-- ===== src/HashmapSwap.antt =====
-- The distributed hash map of Benchmarks/hashmap-swap/lib/hashmap-locks.c: chains of nodes in the
-- memory of each processor, with the locks taken by the caller.
pub mod Chains
pub mod Contents
pub mod Insertion
pub mod Growth
pub mod Mapping
pub mod Locks
pub mod Buckets
use cluster_stm.Common.{
  ℕ, zero, suc, ◌+◌, ◌/◌, ◌%◌, ◌≡◌, ◌≢◌, Bool, true, false, Option, none, some, List, [], ◌∷◌, ◌==◌,
  if◌then◌else◌, length, elem,
}
use cluster_stm.Common.Family.{update}
use cluster_stm.Stm.Types.{Run, ok, out_of_fuel, ◌>>=◌}

-- `hash_t`
pub record Hash : Type 0 where
  pub proc : ℕ
  pub offset : ℕ

-- The table of one processor, the fields of its nodes by their address, and the nodes that were
-- allocated. A null pointer is 0.
pub record Shelf : Type 0 where
  pub table : ℕ → ℕ
  pub next : ℕ → ℕ
  pub key : ℕ → ℕ
  pub val : ℕ → ℕ
  pub nodes : List ℕ

-- The globals `table_size` and `grt_num_procs`.
unfoldable pub compute_hash : (table_size num_procs val : ℕ) → Hash
compute_hash table_size num_procs val =
    let global_idx = val % table_size in
    record { proc = global_idx % num_procs; offset = global_idx / num_procs }

unfoldable pub find_node : ℕ → Shelf → (key p : ℕ) → Run ℕ
find_node zero s key p = out_of_fuel
find_node (suc fuel) s key p =
    let rest = find_node fuel s key (s.next p) in
    if p == 0 then ok 0 else (if key == s.key p then ok p else rest)

-- Enough rounds for any chain of allocated nodes.
abbrev pub rounds : Shelf → ℕ
rounds s = suc (length s.nodes)

-- `grt_on`: the function runs on the processor, there or by `grt_on_handler_work`, and its result
-- is copied back.
unfoldable pub grt_on :
    {A : Type 0} → ℕ → (Shelf → Run (Shelf × A)) → (ℕ → Shelf) → Run ((ℕ → Shelf) × A)
grt_on proc local_fn shelves = local_fn (shelves proc) >>= λ r. ok (update shelves proc r.0, r.1)

module _ (table_size num_procs : ℕ) where
  -- `find_local`: `find_result_t` as an option.
  unfoldable pub find_local : Shelf → (key : ℕ) → Run (Option ℕ)
  unfolding find_node compute_hash
  find_local s key =
      let hash = compute_hash table_size num_procs key in
      find_node (rounds s) s key (s.table hash.offset) >>= λ p.
      ok (if p == 0 then none else some (s.val p))

  unfoldable pub hash_map_find : (ℕ → Shelf) → (key : ℕ) → Run ((ℕ → Shelf) × Option ℕ)
  unfolding find_local grt_on compute_hash
  hash_map_find shelves key =
      grt_on (compute_hash table_size num_procs key).proc
        (λ s. find_local s key >>= λ found. ok (s, found)) shelves

-- What `grt_alloc` answers for a node, with the nodes that are in use: the allocator's doing.
pub record IsAllocator (new_node : List ℕ → ℕ) : Type 0 where
  pub not_null : (used : List ℕ) → new_node used ≢ 0
  pub unused : (used : List ℕ) → elem (new_node used) used ≡ false

module _ (table_size num_procs : ℕ) (new_node : List ℕ → ℕ) where
  -- `q->key = key; q->val = val; q->next = p; *head = q;` for a node that was just allocated.
  unfoldable pub prepend : Shelf → (offset p key val : ℕ) → Shelf
  prepend s offset p key val =
      let q = new_node s.nodes in
      record {
        table = update s.table offset q;
        next = update s.next q p;
        key = update s.key q key;
        val = update s.val q val;
        nodes = q ∷ s.nodes;
      }

  -- `insert_local`, with its answer.
  unfoldable pub insert_local : Shelf → (key val : ℕ) → Run (Shelf × Bool)
  unfolding prepend find_node compute_hash
  insert_local s key val =
      let hash = compute_hash table_size num_procs key in
      let p = s.table hash.offset in
      find_node (rounds s) s key p >>= λ q.
      if q == 0
      then ok (prepend s hash.offset p key val, false)
      else ok (record s { val = update s.val q val }, true)

  unfoldable pub hash_map_insert : (ℕ → Shelf) → (key val : ℕ) → Run ((ℕ → Shelf) × Bool)
  unfolding insert_local grt_on compute_hash
  hash_map_insert shelves key val =
      grt_on (compute_hash table_size num_procs key).proc (λ s. insert_local s key val) shelves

-*-*-

Exercise: The reply should hold only the lines from the beginning of the listing to the line with "proc = global_idx", both ends included, unchanged.

Exercise answer:
-- ===== src/HashmapSwap.antt =====
-- The distributed hash map of Benchmarks/hashmap-swap/lib/hashmap-locks.c: chains of nodes in the
-- memory of each processor, with the locks taken by the caller.
pub mod Chains
pub mod Contents
pub mod Insertion
pub mod Growth
pub mod Mapping
pub mod Locks
pub mod Buckets
use cluster_stm.Common.{
  ℕ, zero, suc, ◌+◌, ◌/◌, ◌%◌, ◌≡◌, ◌≢◌, Bool, true, false, Option, none, some, List, [], ◌∷◌, ◌==◌,
  if◌then◌else◌, length, elem,
}
use cluster_stm.Common.Family.{update}
use cluster_stm.Stm.Types.{Run, ok, out_of_fuel, ◌>>=◌}

-- `hash_t`
pub record Hash : Type 0 where
  pub proc : ℕ
  pub offset : ℕ

-- The table of one processor, the fields of its nodes by their address, and the nodes that were
-- allocated. A null pointer is 0.
pub record Shelf : Type 0 where
  pub table : ℕ → ℕ
  pub next : ℕ → ℕ
  pub key : ℕ → ℕ
  pub val : ℕ → ℕ
  pub nodes : List ℕ

-- The globals `table_size` and `grt_num_procs`.
unfoldable pub compute_hash : (table_size num_procs val : ℕ) → Hash
compute_hash table_size num_procs val =
    let global_idx = val % table_size in
    record { proc = global_idx % num_procs; offset = global_idx / num_procs }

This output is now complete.